In der Pre-POINT-Studie wurden Kinder mit einem hohen Erkrankungsrisiko für Typ-1-Diabetes in Deutschland, Österreich, den Vereinigten Staaten und Großbritannien über durchschnittlich ein halbes Jahr einmal täglich mit oralem Insulin behandelt. Die Kontrollgruppe erhielt nur ein wirkungsloses Placebo. Die Gruppe mit dem Wirkstoff nahm das Insulin in unterschiedlicher, im Laufe der Monate ansteigender Dosis als Pulver zusammen mit der Nahrung ein. In der höchsten Dosis (67,5 mg) rief das Insulinpulver schließlich die gewünschte Immunantwort hervor. „Ein wichtiger Befund war zu sehen, dass es keine unerwünschten Nebenwirkungen gab“, kommentiert Studienleiter Prof. Ezio Bonifacio vom TUD-Center for Regenerative Therapies das Ergebnis. „Das zeigt, dass wir die regulären Vorgänge im Körper eines gesunden Kindes, die eine Typ-1-Diabetes-Erkrankung verhindern, erfolgreich nachgeahmt haben.“ Da das Insulin in dieser Verabreichungsform im Magen aufgespalten wird, hatte es keinen Einfluss auf den Blutzuckerspiegel. „Wir vermuten, dass der Hauptanteil der Immunantwort auf das Insulin bereits im Mund abläuft“, ergänzt Bonifacio.

Einzigartig ist bei dieser Doppel-Blind-Studie nach Ansicht von Prof.
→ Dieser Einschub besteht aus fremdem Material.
-- ===== src/OrderBook/Nodes.antt =====
-- The private operations of `OrderBook` on its nodes and levels, from src/order_book.cpp. Each returns
-- the new book. A `std::uint32_t` counter wraps at 2 ^ 32, a `std::size_t` one at 2 ^ 64.
pub mod Chain
pub mod Frame
pub mod Links
use exchange_and_feed_handle.Base.{
  ℕ, zero, suc, ◌+◌, ◌-◌, ◌%◌, ◌^◌, min, Bool, true, false, Option, none, some, List, [], ◌∷◌, ◌++◌,
  ◌==◌, ltb, if◌then◌else◌, length, get_or, set,
}
use exchange_and_feed_handle.Base.Int.{ℤ}
use exchange_and_feed_handle.Base.Map.{insert, erase}
use exchange_and_feed_handle.Types.{Side, MdEvent, MdType, Trade, RejectReason, is_buy}
use exchange_and_feed_handle.OrderBook.Bitmap.{
  clear_bit, find_lowest_occupied, find_highest_occupied,
}
use exchange_and_feed_handle.OrderBook.State.{
  OrderBook, Half, Node, Level, MatchOutput, null, empty_node, empty_level, half, put_half,
  level_for, put_level, node, put_node, set_occupied, price_to_index,
}

-- The node that `alloc_node` fills in.
abbrev pub new_node : OrderBook → ℕ → ℕ → Side → ℤ → ℕ → Node
new_node b id account_id side price qty = record {
  order_id = id;
  account_id = account_id;
  side = side;
  price = price;
  qty = qty;
  level_idx = price_to_index b price;
  prev = null;
  next = null;
  active = true;
}

unfoldable pub alloc_node : OrderBook → ℕ → ℕ → Side → ℤ → ℕ → OrderBook × ℕ
alloc_node b id account_id side price qty = elim b.free [
  | [] ↦
      let idx = length b.nodes % 2 ^ 32 in
      (
        record b {
          nodes = set (b.nodes ++ (empty_node ∷ [])) idx n;
          index = insert id idx b.index;
        },
        idx,
      )
  | idx ∷ rest ↦
      (record b { nodes = set b.nodes idx n; free = rest; index = insert id idx b.index }, idx)
]
  where
    n : Node
    n = new_node b id account_id side price qty

unfoldable pub free_node : OrderBook → ℕ → OrderBook
free_node b idx = record b {
  nodes = set b.nodes idx empty_node;
  free = idx ∷ b.free;
  index = erase (node b idx).order_id b.index;
}

abbrev pub find_best : OrderBook → Side → List ℕ → Option ℕ
find_best b side bitmap =
    if is_buy side
    then find_highest_occupied b.level_count bitmap
    else find_lowest_occupied b.level_count bitmap

-- `best && *best == idx`
abbrev pub is_best : Option ℕ → ℕ → Bool
is_best none idx = false
is_best (some best) idx = best == idx

unfoldable pub recompute_best_after_clear : OrderBook → Side → ℕ → OrderBook
recompute_best_after_clear b side cleared_idx =
    let h = half b side in
    put_half b side (record h {
      best_idx = (if is_best h.best_idx cleared_idx then find_best b side h.bitmap else h.best_idx);
    })

unfoldable pub clear_occupied : OrderBook → Side → ℕ → OrderBook
clear_occupied b side idx =
    let h = half b side in
    recompute_best_after_clear (put_half b side (record h { bitmap = clear_bit h.bitmap idx })) side
      idx

-- `++bid_level_count_` or `++ask_level_count_`, and `--`.
abbrev pub count_level : OrderBook → Side → OrderBook
count_level b side =
    let h = half b side in put_half b side (record h { level_count = (h.level_count + 1) % 2 ^ 64 })

abbrev pub uncount_level : OrderBook → Side → OrderBook
uncount_level b side =
    let h = half b side in
    put_half b side (record h { level_count = (h.level_count + 2 ^ 64 - 1) % 2 ^ 64 })

-- `nodes_[idx].next = next` and `nodes_[idx].prev = prev`
abbrev pub set_next : OrderBook → ℕ → ℕ → OrderBook
set_next b idx next = put_node b idx (record (node b idx) { next = next })

abbrev pub set_prev : OrderBook → ℕ → ℕ → OrderBook
set_prev b idx prev = put_node b idx (record (node b idx) { prev = prev })

-- The level after the node `idx`, of quantity `qty`, is linked behind its tail.
abbrev pub level_after_append : Level → ℕ → ℕ → Level
level_after_append level idx qty = record {
  head = (if level.tail == null then idx else level.head);
  tail = idx;
  total_qty = (level.total_qty + qty) % 2 ^ 32;
  count = (level.count + 1) % 2 ^ 32;
}

unfoldable pub append_to_level : OrderBook → ℕ → OrderBook
append_to_level b idx =
    if level.count == 0 then set_occupied (count_level filled n.side) n.side n.level_idx else filled
  where
    n : Node
    n = node b idx

    level : Level
    level = level_for b n.side n.level_idx

    placed : OrderBook
    placed = put_node b idx (record n { prev = level.tail; next = null })

    linked : OrderBook
    linked = if level.tail == null then placed else set_next placed level.tail idx

    filled : OrderBook
    filled = put_level linked n.side n.level_idx (level_after_append level idx n.qty)

-- The level after the node `n` is unlinked from it.
abbrev pub level_after_remove : Level → Node → ℕ → Level
level_after_remove level n removed_qty = record {
  head = (if n.prev == null then n.next else level.head);
  tail = (if n.next == null then n.prev else level.tail);
  total_qty = level.total_qty - min level.total_qty removed_qty;
  count = (if ltb 0 level.count then level.count - 1 else level.count);
}

-- The pointers of the neighbours of `n`. Neither write changes a pointer that the other reads.
abbrev pub unlink : OrderBook → Node → OrderBook
unlink b n =
    let front = if n.prev == null then b else set_next b n.prev n.next in
    if n.next == null then front else set_prev front n.next n.prev

unfoldable pub remove_node : OrderBook → ℕ → ℕ → ℕ → MdType → OrderBook × MdEvent
remove_node b seq idx removed_qty type = (
  free_node
      (if level'.count == 0
        then clear_occupied
            (uncount_level (put_level (unlink b n) n.side n.level_idx empty_level) n.side) n.side
            n.level_idx
        else put_level (unlink b n) n.side n.level_idx level')
      idx,
  record {
    seq = seq;
    type = type;
    symbol_id = b.symbol_id;
    order_id = n.order_id;
    new_order_id = 0;
    account_id = n.account_id;
    side = n.side;
    price = n.price;
    qty = removed_qty;
    reason = RejectReason.none;
  },
)
  where
    n : Node
    n = node b idx

    level' : Level
    level' = level_after_remove (level_for b n.side n.level_idx) n removed_qty

-- What `execute_head` appends to the output.
abbrev pub trade_of : OrderBook → ℕ → Node → ℕ → ℕ → Trade
trade_of b seq n aggressor exec_qty = record {
  seq = seq;
  symbol_id = b.symbol_id;
  resting_order_id = n.order_id;
  aggressing_order_id = aggressor;
  price = n.price;
  qty = exec_qty;
}

abbrev pub execute_event : OrderBook → ℕ → Node → ℕ → MdEvent
execute_event b seq n exec_qty = record {
  seq = seq;
  type = MdType.execute;
  symbol_id = b.symbol_id;
  order_id = n.order_id;
  new_order_id = 0;
  account_id = n.account_id;
  side = n.side;
  price = n.price;
  qty = exec_qty;
  reason = RejectReason.none;
}

-- `level` is given by its side and index. The caller's `out` is passed, and returned with the trade
-- and the event, and with `remaining_qty` less what was executed.
unfoldable pub execute_head :
    OrderBook → ℕ → Side → ℕ → ℕ → MatchOutput → ℕ → OrderBook × MatchOutput
execute_head b seq side level_idx idx out aggressor = (
  if resting.qty - exec_qty == 0 then (remove_node reduced seq idx 0 MdType.execute).0 else reduced,
  record out {
    md_events = out.md_events ++ (execute_event b seq resting exec_qty ∷ []);
    trades = out.trades ++ (trade_of b seq resting aggressor exec_qty ∷ []);
    remaining_qty = out.remaining_qty - exec_qty;
  },
)
  where
    resting : Node
    resting = node b idx

    exec_qty : ℕ
    exec_qty = min resting.qty out.remaining_qty

    level : Level
    level = level_for b side level_idx

    reduced : OrderBook
    reduced =
        put_level (put_node b idx (record resting { qty = resting.qty - exec_qty })) side level_idx
          (record level { total_qty = (level.total_qty + 2 ^ 32 - exec_qty) % 2 ^ 32 })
Anette-Gabriele Ziegler vom ebenfalls beteiligten Institut für Diabetesforschung, dass das Insulin prophylaktisch als Impfstoff zu einem Zeitpunkt verabreicht wurde, an dem die Kinder noch keine Autoimmunreaktion – das heißt noch keine Autoantikörper – entwickelt hatten. „Dies ist eine Revolution bei der Behandlung von Typ-1-Diabetes“, so Ziegler. „Aber die Vorgehensweise ist nur folgerichtig: Wenn das Immunsystem die schützende Immunantwort nicht von selbst lernt, muss die Medizin eben ein bisschen Nachhilfe geben.“

Die Studienergebnisse werden auch von der amerikanischen JDRF (Juvenile Diabetes Research Foundation), die das Projekt mit Fördergeldern unterstützt hat, positiv gewertet: „Die Ergebnisse der Pre-POINT-Studie sind uns ein Ansporn, ein erster Schritt dahin, Typ-1-Diabetes bei Kindern mit hohem Erkrankungsrisiko möglicherweise verhindern zu können“, sagt Julia Greenstein, Vizepräsidentin des Bereiches Discovery Research. „Dies ist eine bedeutende Erkenntnis, und hinsichtlich der Mission der JDRF, eine Welt ohne Typ-1-Diabetes zu realisieren, sind diese Studienergebnisse aufregend und bringen uns einen Schritt näher und in Sichtweite an die Möglichkeit einer oralen Impfstrategie zur Prävention dieser Erkrankung heran.“

In nachfolgenden Studien soll nun eine größere Anzahl von Babys, die Typ-1-Diabetes-Risikogene und erkrankte Verwandte und somit ein hohes Erkrankungsrisiko haben, mit Insulin behandelt werden. Sollte der Impfstoff die Autoimmunerkrankung dauerhaft verhindern, wäre der Weg frei für eine flächendeckende Vorsorgeimpfung.